Rep. Chris Collins, R-NY., nominates Donald Trump as the Republican candidate for President during the second day of the Republican National Convention in Cleveland, Tuesday, July 19, 2016. (J. Scott Applewhite / AP)
Insider trading was a family affair for upstate New York congressman Chris Collins, federal prosecutors charged Wednesday.

The Republican lawmaker, one of President Trump’s earliest supporters, was charged along with his son Cameron Collins and the father of Cameron’s fiancée, Stephen Zarsky, in a scheme that allowed them to avoid $768,000 in stock losses, prosecutors say.

The trio are accused of securities fraud related to Innate Immunotherapeutics, an Australian biotechnology company. The elder Collins sits on the firm’s board of directors and is one of its largest shareholders.

Manhattan federal prosecutors say the upstate New York congressman passed to his son confidential information that a new multiple sclerosis drug had failed a medical trial.


Armed with the insider tips, Cameron Collins was able to “make timely trades in Innate stock and tip others,” the indictment says.

Cameron Collins handed off the information to his fiancee’s father, who also made stock trades and passed on the tip to others, prosecutors say.

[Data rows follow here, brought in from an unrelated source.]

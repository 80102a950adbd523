-- ===== src/GoMap.antt =====
-- Go's built-in `map[string]V` as an association list. A read of a missing key gives `none` (the
-- zero value with `ok == false`), `delete` of a missing key is a no-op, and a nil map reads as
-- the empty one. The order of a `range` loop is not fixed by Go: GoMap/Range says which orders
-- may occur, and a loop takes one of them as an argument.
pub mod Laws
pub mod Range
use quash.Prelude.{
  ℕ, String, ◌≡◌, Bool, Option, none, some, List, [], ◌∷◌, ◌==◌, if◌then◌else◌, length, is_some,
}

abbrev pub GoMap {ℓ} : Type ℓ → Type ℓ
GoMap V = List (String × V)

module _ {ℓ} {V : Type ℓ} where
  -- `m[k]`
  unfoldable pub get : GoMap V → String → Option V
  get [] k = none
  get ((j, v) ∷ m) k = if j == k then some v else get m k

  -- `m[k] = v`
  unfoldable pub put : GoMap V → String → V → GoMap V
  put [] k v = (k, v) ∷ []
  put ((j, w) ∷ m) k v = if j == k then (k, v) ∷ m else (j, w) ∷ put m k v

  -- `delete(m, k)`
  unfoldable pub delete : GoMap V → String → GoMap V
  delete [] k = []
  delete ((j, v) ∷ m) k = let rest = delete m k in if j == k then rest else (j, v) ∷ rest

  -- `len(m)`
  abbrev pub len : GoMap V → ℕ
  len m = length m

  -- `_, ok := m[k]`
  abbrev pub has : GoMap V → String → Bool
  has m k = is_some (get m k)

  -- No key is stored twice.
  abbrev pub Distinct : GoMap V → Type ℓ
  Distinct [] = Unit
  Distinct ((k, v) ∷ m) = (get m k ≡ none) × Distinct m
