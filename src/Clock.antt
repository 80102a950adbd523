-- ===== src/Clock.antt =====
-- Go's `time` package as far as the server uses it. A `time.Time` is the number of nanoseconds
-- since a fixed instant, a whole number of any size. A `time.Duration` is an int64 of
-- nanoseconds, here its bit pattern, below 2 ^ 64; `signed` is the number that it stands for.
pub mod Order
use quash.Prelude.{ℕ, ◌+◌, ◌-◌, ◌*◌, ◌%◌, ◌^◌, Bool, ltb, if◌then◌else◌}
use quash.Prelude.Int.{ℤ, pos, negsuc, ◌+ℤ◌, ltb_ℤ}

abbrev pub Time : Type 0
Time = ℤ

abbrev pub Duration : Type 0
Duration = ℕ

abbrev pub signed : ℕ → ℤ
signed d = if ltb d (2 ^ 63) then pos d else negsuc (2 ^ 64 - 1 - d)

-- `t.Add(d)`
unfoldable pub add : Time → Duration → Time
unfolding ◌+ℤ◌
add t d = t +ℤ signed d

-- `t.After(u)`
abbrev pub after : Time → Time → Bool
after t u = ltb_ℤ u t

-- `time.Second`
abbrev pub second : Duration
second = 1_000_000_000

-- `time.Duration(n) * time.Second`, which wraps round
unfoldable pub seconds : ℕ → Duration
seconds n = (n * second) % 2 ^ 64
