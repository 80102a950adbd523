-- ===== src/Structs.antt =====
-- structs/structs.go. `Topic` and `SubscriptionID` are strings. The float64 gauges of `SrvData`
-- are values of a type that the model does not look into.
use quash.Prelude.{ℕ, String}
use quash.GoMap.{GoMap}
use quash.Clock.{Time, Duration}

pub record KvValue : Type 0 where
  pub value : String
  pub time_out : Duration
  pub init_time : Time

abbrev pub Topic : Type 0
Topic = String

abbrev pub SubscriptionId : Type 0
SubscriptionId = String

pub record SrvData (Float64 : Type 0) : Type 0 where
  pub kv_map_length : ℕ
  pub topics : GoMap (GoMap ℕ)
  pub system_ram_usage : Float64
  pub heap_alloc_mb : ℕ
  pub total_alloc_mb : ℕ
  pub sys_mb : ℕ
  pub num_gc : ℕ
  pub cpu_usage : Float64

pub record AdminResponse (Float64 : Type 0) : Type 0 where
  pub queue_metric : SrvData Float64
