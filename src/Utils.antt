-- ===== src/Utils.antt =====
-- utils/utils.go: subscription identifiers and the gauges of the process and the machine. What
-- `rand.Read`, `runtime.ReadMemStats`, `mem.VirtualMemory` and `cpu.Percent` return is given.
pub mod Hex
mod Tests
use quash.Structs.{SrvData}
use quash.Prelude.{Option, none, some, List, String, [], suc, zero, ℕ, ◌%◌, ◌/◌, ◌∷◌}
use Prim.Native.Char.{Char}
use Prim.Native.String

-- The table of `encoding/hex`.
abbrev hex_table : List Char
hex_table =
    "0" ∷ "1" ∷ "2" ∷ "3" ∷ "4" ∷ "5" ∷ "6" ∷ "7" ∷ "8" ∷ "9" ∷ "a" ∷ "b" ∷ "c" ∷ "d" ∷ "e" ∷ "f"
    ∷ []

abbrev get_or : {A : Type 0} → List A → ℕ → A → A
get_or [] i d = d
get_or (x ∷ xs) zero d = x
get_or (x ∷ xs) (suc i) d = get_or xs i d

unfoldable pub hex_digit : ℕ → Char
hex_digit n = get_or hex_table n "0"

-- `hex.EncodeToString`: the high half of each byte, then the low half.
unfoldable pub encode_to_string : List ℕ → String
unfolding hex_digit
encode_to_string [] = ""
encode_to_string (b ∷ bs) =
    String.◌∷◌ (hex_digit (b / 16)) (String.◌∷◌ (hex_digit (b % 16)) (encode_to_string bs))

-- `SubscriptionID`, from the 16 bytes that `rand.Read` puts into `b`.
unfoldable pub subscription_id : List ℕ → String
unfolding encode_to_string
subscription_id b = encode_to_string b

-- What the model takes of `runtime.MemStats`.
pub record MemStats : Type 0 where
  pub alloc : ℕ
  pub total_alloc : ℕ
  pub sys : ℕ
  pub num_gc : ℕ

module _ {Float64 : Type 0} (zero_float : Float64) where
  -- `GoProcessMemoryUsage`: the fields that it does not set have their zero values.
  unfoldable pub go_process_memory_usage : MemStats → SrvData Float64
  go_process_memory_usage m = record {
    kv_map_length = 0;
    topics = [];
    system_ram_usage = zero_float;
    heap_alloc_mb = m.alloc / 1024 / 1024;
    total_alloc_mb = m.total_alloc / 1024 / 1024;
    sys_mb = m.sys / 1024 / 1024;
    num_gc = m.num_gc;
    cpu_usage = zero_float;
  }

-- `SystemCPUUsage`: the first of the percentages. `none` is the panic on an empty slice, which
-- `cpu.Percent` returns beside an error.
unfoldable pub system_cpu_usage : {Float64 : Type 0} → List Float64 → Option Float64
system_cpu_usage [] = none
system_cpu_usage (percent ∷ rest) = some percent

-- `SystemRamUsage`: the `UsedPercent` of what `mem.VirtualMemory` returned. `none` is the panic on
-- the nil pointer that it returns beside an error.
unfoldable pub system_ram_usage : {Float64 : Type 0} → Option Float64 → Option Float64
system_ram_usage none = none
system_ram_usage (some used_percent) = some used_percent
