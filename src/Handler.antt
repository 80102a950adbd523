-- ===== src/Handler.antt =====
-- The package variables of server/quashserver/quashserver.go and the ways in which a handler can
-- end. A handler runs alone between its `Lock` and its `Unlock`, so it is a function of the state
-- that it finds; a `Lock` that finds the mutex held never comes back, unless somebody unlocks.
use quash.Prelude.{ap, ◌≡◌, [], Bool, true, false, String, if◌then◌else◌}
use quash.GoMap.{GoMap}
use quash.Queue.{Queue}
use quash.Structs.{KvValue}

abbrev pub Brokers : Type 0
Brokers = GoMap (GoMap Queue)

-- `kvLock`, `brokersLock`, `kvMap` and `brokers`.
pub record State : Type 0 where
  pub kv_locked : Bool
  pub brokers_locked : Bool
  pub kv_map : GoMap KvValue
  pub brokers : Brokers

abbrev pub start : State
start = record { kv_locked = false; brokers_locked = false; kv_map = []; brokers = [] }

pub data Outcome (A : Type 0) : Type 0 where
  returned : A → State → Outcome A
  panicked : Outcome A
  blocked : State → Outcome A

-- A response with a nil error, or an error.
pub data Reply (A : Type 0) : Type 0 where
  ok : A → Reply A
  error : String → Reply A

abbrev pub Handler : Type 0 → Type 0
Handler A = State → Outcome A

abbrev pub pure : {A : Type 0} → A → Handler A
pure a s = returned a s

abbrev pub panic : {A : Type 0} → Handler A
panic s = panicked

abbrev pub continue : {A B : Type 0} → Outcome A → (A → Handler B) → Outcome B
continue (returned a s) f = f a s
continue panicked f = panicked
continue (blocked s) f = blocked s

infixl 5 ◌>>=◌ ◌>>◌
abbrev pub ◌>>=◌ : {A B : Type 0} → Handler A → (A → Handler B) → Handler B
◌>>=◌ m f s = continue (m s) f

abbrev pub ◌>>◌ : {B : Type 0} → Handler (Unit {0}) → Handler B → Handler B
m >> k = m >>= λ _. k

-- What other goroutines do while this one holds no mutex.
abbrev pub meanwhile : (State → State) → Handler (Unit {0})
meanwhile others s = returned tt (others s)

-- `kvLock.Lock()` and `kvLock.Unlock()`; unlocking a free mutex is a fatal error.
unfoldable pub lock_kv : Handler (Unit {0})
lock_kv s = if s.kv_locked then blocked s else returned tt (record s { kv_locked = true })

unfoldable pub unlock_kv : Handler (Unit {0})
unlock_kv s = if s.kv_locked then returned tt (record s { kv_locked = false }) else panicked

unfoldable pub lock_brokers : Handler (Unit {0})
lock_brokers s =
    if s.brokers_locked then blocked s else returned tt (record s { brokers_locked = true })

unfoldable pub unlock_brokers : Handler (Unit {0})
unlock_brokers s =
    if s.brokers_locked then returned tt (record s { brokers_locked = false }) else panicked

abbrev pub get_kv_map : Handler (GoMap KvValue)
get_kv_map s = returned s.kv_map s

abbrev pub set_kv_map : GoMap KvValue → Handler (Unit {0})
set_kv_map m s = returned tt (record s { kv_map = m })

abbrev pub get_brokers : Handler Brokers
get_brokers s = returned s.brokers s

abbrev pub set_brokers : Brokers → Handler (Unit {0})
set_brokers b s = returned tt (record s { brokers = b })

-- A step that has returned hands its value and its state to the rest.
module _ {A B : Type 0} (m : Handler A) (f : A → Handler B) (s : State) where
  pub >>=-returned : {a : A} {s' : State} → m s ≡ returned a s' → (m >>= f) s ≡ f a s'
  >>=-returned e = ap (λ o. continue o f) e

  pub >>=-panicked : m s ≡ panicked → (m >>= f) s ≡ panicked
  >>=-panicked e = ap (λ o. continue o f) e

  pub >>=-blocked : {s' : State} → m s ≡ blocked s' → (m >>= f) s ≡ blocked s'
  >>=-blocked e = ap (λ o. continue o f) e
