-- ===== src/WildcardTree/Search.antt =====
-- WildcardTreeNode::findOne against the set of the names in the tree.
use baiakthunder.Base.{
  ℕ, ◌≡◌, ◌≢◌, refl, sym, subst, ◌∙◌, ◌<◌, Bool, true, false, Option, none, some, List, [], ◌∷◌,
  ◌++◌, arith, Option-cases, inl, inr,
}
use baiakthunder.WildcardTree.{
  Node, Children, node, leaf, child, get_child, ReturnValue, no_error,
  player_with_this_name_is_not_online, name_is_too_ambiguous, complete, walk, find_one,
}
use baiakthunder.WildcardTree.Words.{has, same_name, has-cons, get-IsTidy, IsTidy, AreTidy, IsUsed}

same_name_refl : (w : List ℕ) → same_name w w ≡ true
same_name_refl [] = refl
same_name_refl (c ∷ w) = ground (arith, same_name_refl w)

same_name-append : (q v w : List ℕ) → same_name (q ++ v) (q ++ w) ≡ same_name v w
same_name-append [] v w = refl
same_name-append (c ∷ q) v w = ground (arith, same_name-append q v w)

has-first :
    (c : ℕ) (w : List ℕ) (b : Bool) (n : Node) (cs : Children)
    → has (c ∷ w) (node b (child c n cs)) ≡ has w n
unfolding has get_child
has-first c w b n cs = ground arith

has-second :
    (c d : ℕ) (w : List ℕ) (b : Bool) (m n : Node) (cs : Children)
    → c < d
    → has (d ∷ w) (node b (child c m (child d n cs))) ≡ has w n
unfolding has get_child
has-second c d w b m n cs h = ground arith

-- A used tidy node leads to a name.
some_name : (n : Node) → IsUsed n → IsTidy n → (w : List ℕ) × has w n ≡ true
unfolding has
some_name (node true cs) u t = ([], refl)
some_name (node false leaf) u t = absurd (cc)
some_name (node false (child c n cs)) u (v, t, a, ts) =
    let (w, h) = some_name n v t in (c ∷ w, has-first c w false n cs ∙ h)

abbrev Completed : ReturnValue → List ℕ → Node → Type 0
Completed no_error rest n = (w : List ℕ) → has w n ≡ same_name rest w
Completed player_with_this_name_is_not_online rest n = ⊥
Completed name_is_too_ambiguous rest n =
    (v : List ℕ) × (w : List ℕ) × (same_name v w ≡ false) × (has v n ≡ true) × (has w n ≡ true)

alone : (w : List ℕ) → has w (node true leaf) ≡ same_name [] w
unfolding has get_child
alone [] = refl
alone (c ∷ w) = refl

only_child :
    (c : ℕ) (n : Node) (rest w : List ℕ)
    → ((w : List ℕ) → has w n ≡ same_name rest w)
    → has w (node false (child c n leaf)) ≡ same_name (c ∷ rest) w
unfolding has get_child
only_child c n rest [] f = refl
only_child c n rest (d ∷ w) f = ground (arith, f w)

Completed-below :
    (c : ℕ) (n : Node) (r : ReturnValue) (rest : List ℕ)
    → Completed r rest n
    → Completed r (c ∷ rest) (node false (child c n leaf))
Completed-below c n no_error rest f = λ w. only_child c n rest w f
Completed-below c n player_with_this_name_is_not_online rest f = elim f [ ]
Completed-below c n name_is_too_ambiguous rest (v, w, e, p, q) = (
  c ∷ v,
  c ∷ w,
  ground (arith, e),
  has-first c v false n leaf ∙ p,
  has-first c w false n leaf ∙ q,
)

completed : (n : Node) → IsUsed n → IsTidy n → Completed (complete n).0 (complete n).1 n
unfolding complete has
completed (node true leaf) u t = alone
completed (node false leaf) u t = absurd (cc)
completed (node true (child c n leaf)) u (v, t, a, ts) =
    let (w, h) = some_name n v t in ([], c ∷ w, refl, refl, has-first c w true n leaf ∙ h)
completed (node false (child c n leaf)) u (v, t, a, ts) =
    Completed-below c n (complete n).0 (complete n).1 (completed n v t)
completed (node b (child c m (child d n cs))) u (v, t, a, (v2, t2, a2, ts)) =
    let (w, h) = some_name m v t in
    let (w2, h2) = some_name n v2 t2 in
    (
      c ∷ w,
      d ∷ w2,
      ground (arith, a.0),
      has-first c w b m (child d n cs) ∙ h,
      has-second c d w2 b m n cs a.0 ∙ h2,
    )

-- What an answer says about the names that begin with the query.
abbrev pub Answers : List ℕ → Node → ReturnValue → List ℕ → Type 0
Answers q n no_error result =
    (rest : List ℕ) × (result ≡ q ++ rest)
    × ((w : List ℕ) → has (q ++ w) n ≡ same_name result (q ++ w))
Answers q n player_with_this_name_is_not_online result = (w : List ℕ) → has (q ++ w) n ≡ false
Answers q n name_is_too_ambiguous result =
    (v : List ℕ) × (w : List ℕ) × (same_name v w ≡ false)
    × (has (q ++ v) n ≡ true)
    × (has (q ++ w) n ≡ true)

-- The names under the node that a walk leads to.
abbrev Reached : List ℕ → Node → Option Node → Type 0
Reached q n none = (w : List ℕ) → has (q ++ w) n ≡ false
Reached q n (some m) = IsTidy m × ((w : List ℕ) → has (q ++ w) n ≡ has w m)

Reached-child :
    (c : ℕ) (q : List ℕ) (b : Bool) (cs : Children) (n : Node) (o : Option Node)
    → get_child c cs ≡ some n
    → Reached q n o
    → Reached (c ∷ q) (node b cs) o
Reached-child c q b cs n none h f = λ w. has-cons c (q ++ w) b cs ∙ ground (arith, h, f w)
Reached-child c q b cs n (some m) h (t, f) =
    (t, λ w. has-cons c (q ++ w) b cs ∙ ground (arith, h, f w))

Reached-from :
    (c : ℕ) (q : List ℕ) (b : Bool) (cs : Children) (o : Option Node)
    → ((n : Node) → IsTidy n → Reached q n (walk q n))
    → AreTidy cs
    → get_child c cs ≡ o
    → Reached (c ∷ q) (node b cs) (elim o [ none ↦ none | some n ↦ walk q n ])
Reached-from c q b cs none f t h = λ w. has-cons c (q ++ w) b cs ∙ ground (arith, h)
Reached-from c q b cs (some n) f t h =
    Reached-child c q b cs n (walk q n) h (f n (get-IsTidy c cs n t h).1)

reached : (q : List ℕ) (n : Node) → IsTidy n → Reached q n (walk q n)
unfolding walk
reached [] n t = (t, λ w. refl)
reached (c ∷ q) (node b cs) t = Reached-from c q b cs (get_child c cs) (reached q) t refl

walk-IsUsed : (q : List ℕ) (n m : Node) → IsTidy n → IsUsed n → walk q n ≡ some m → IsUsed m
unfolding walk
walk-IsUsed [] n m t u e = subst IsUsed (ground arith) u
walk-IsUsed (c ∷ q) (node b cs) m t u e = elim (Option-cases (get_child c cs)) [
  | inl h ↦ absurd (ground arith)
  | inr (n, h) ↦ let (v, s) = get-IsTidy c cs n t h in walk-IsUsed q n m s v (ground arith)
]

walk-IsUsed-first :
    (c : ℕ) (q : List ℕ) (b : Bool) (cs : Children) (m : Node)
    → AreTidy cs
    → walk (c ∷ q) (node b cs) ≡ some m
    → IsUsed m
unfolding walk
walk-IsUsed-first c q b cs m t e = elim (Option-cases (get_child c cs)) [
  | inl h ↦ absurd (ground arith)
  | inr (n, h) ↦ let (v, s) = get-IsTidy c cs n t h in walk-IsUsed q n m s v (ground arith)
]

answered :
    (q : List ℕ) (n m : Node) (r : ReturnValue) (rest : List ℕ)
    → ((w : List ℕ) → has (q ++ w) n ≡ has w m)
    → Completed r rest m
    → Answers q n r (q ++ rest)
answered q n m no_error rest f g = (rest, refl, λ w. f w ∙ g w ∙ sym (same_name-append q rest w))
answered q n m player_with_this_name_is_not_online rest f g = elim g [ ]
answered q n m name_is_too_ambiguous rest f (v, w, e, h, k) = (v, w, e, f v ∙ h, f w ∙ k)

Answers-from :
    (n : Node) (q : List ℕ) (o : Option Node)
    → IsTidy n
    → q ≢ []
    → walk q n ≡ o
    → Reached q n o
    → let a : ReturnValue × List ℕ = elim o [
      | none ↦ (player_with_this_name_is_not_online, [])
      | some m ↦ let (r, rest) = complete m in (r, q ++ rest)
    ] in
      Answers q n a.0 a.1
unfolding walk
Answers-from n q none t h e f = f
Answers-from n [] (some m) t h e (s, f) = absurd (h refl)
Answers-from (node b cs) (c ∷ q) (some m) t h e (s, f) =
    answered (c ∷ q) (node b cs) m (complete m).0 (complete m).1 f
      (completed m (walk-IsUsed-first c q b cs m t e) s)

-- Searched from a tidy root for a query that is not empty: a success gives a name that begins with
-- the query, and the names that do are that one alone; not online means that no name does;
-- ambiguous means that two different names do.
pub find_one-Answers :
    (n : Node) (q : List ℕ) → IsTidy n → q ≢ [] → Answers q n (find_one n q).0 (find_one n q).1
unfolding find_one
find_one-Answers n q t h = Answers-from n q (walk q n) t h refl (reached q n t)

The public announcement of the failed drug trials caused the Innate stock price to plummet 92%.

“All of the trades preceded the public release of the negative drug trial results, and were timed to avoid losses that they would have suffered once the news became public,” the indictment says.

The defendants are expected to appear in Manhattan Federal Court Wednesday afternoon to face charges of conspiracy, wire fraud and other counts.

Collins’ attorneys released a statement defending the Republican lawmaker.

"We will answer the charges filed against Congressman Collins in court and will mount a vigorous defense to clear his good name,” said lawyers Jonathan Barr and Jonathan New. “It is notable that even the government does not allege that Congressman Collins traded a single share of Innate Therapeutics stock. We are confident he will be completely vindicated and exonerated.”

Collins found out about the drug trial failure in an email from Innate’s CEO on the night of June 22, 2017, the indictment says.

The congressman replied to the CEO 15 minutes later. “ Wow. Makes no sense,” he wrote. “How are these results even possible???”

Then Collins and his son traded six missed phone calls over the next four minutes. They finally connected a minute later in a call that resulted in Chris Collins sharing the news of the failed drug trial with his son, the indictment says.

The next morning, Cameron Collins sold 16,508 shares of Innate stock. He sold additional shares in the subsequent hours and days after conversations with his father, the indictment says.

In total, he sold nearly 1.4 million shares of Innate stock between June 23 and June 26. The dumping of his shares allowed him to avoid roughly $570,900 in losses, the indictment says.

Chris Collins did not trade any stocks himself and his holdings ultimately lost millions of dollars in value once the drug trial results were made public. Prosecutors say Collins was blocked from making his own trades because he was under investigation by the Office of Congressional Ethics and his shares were held in Australia where a halt was put on any Innate share buys or sells.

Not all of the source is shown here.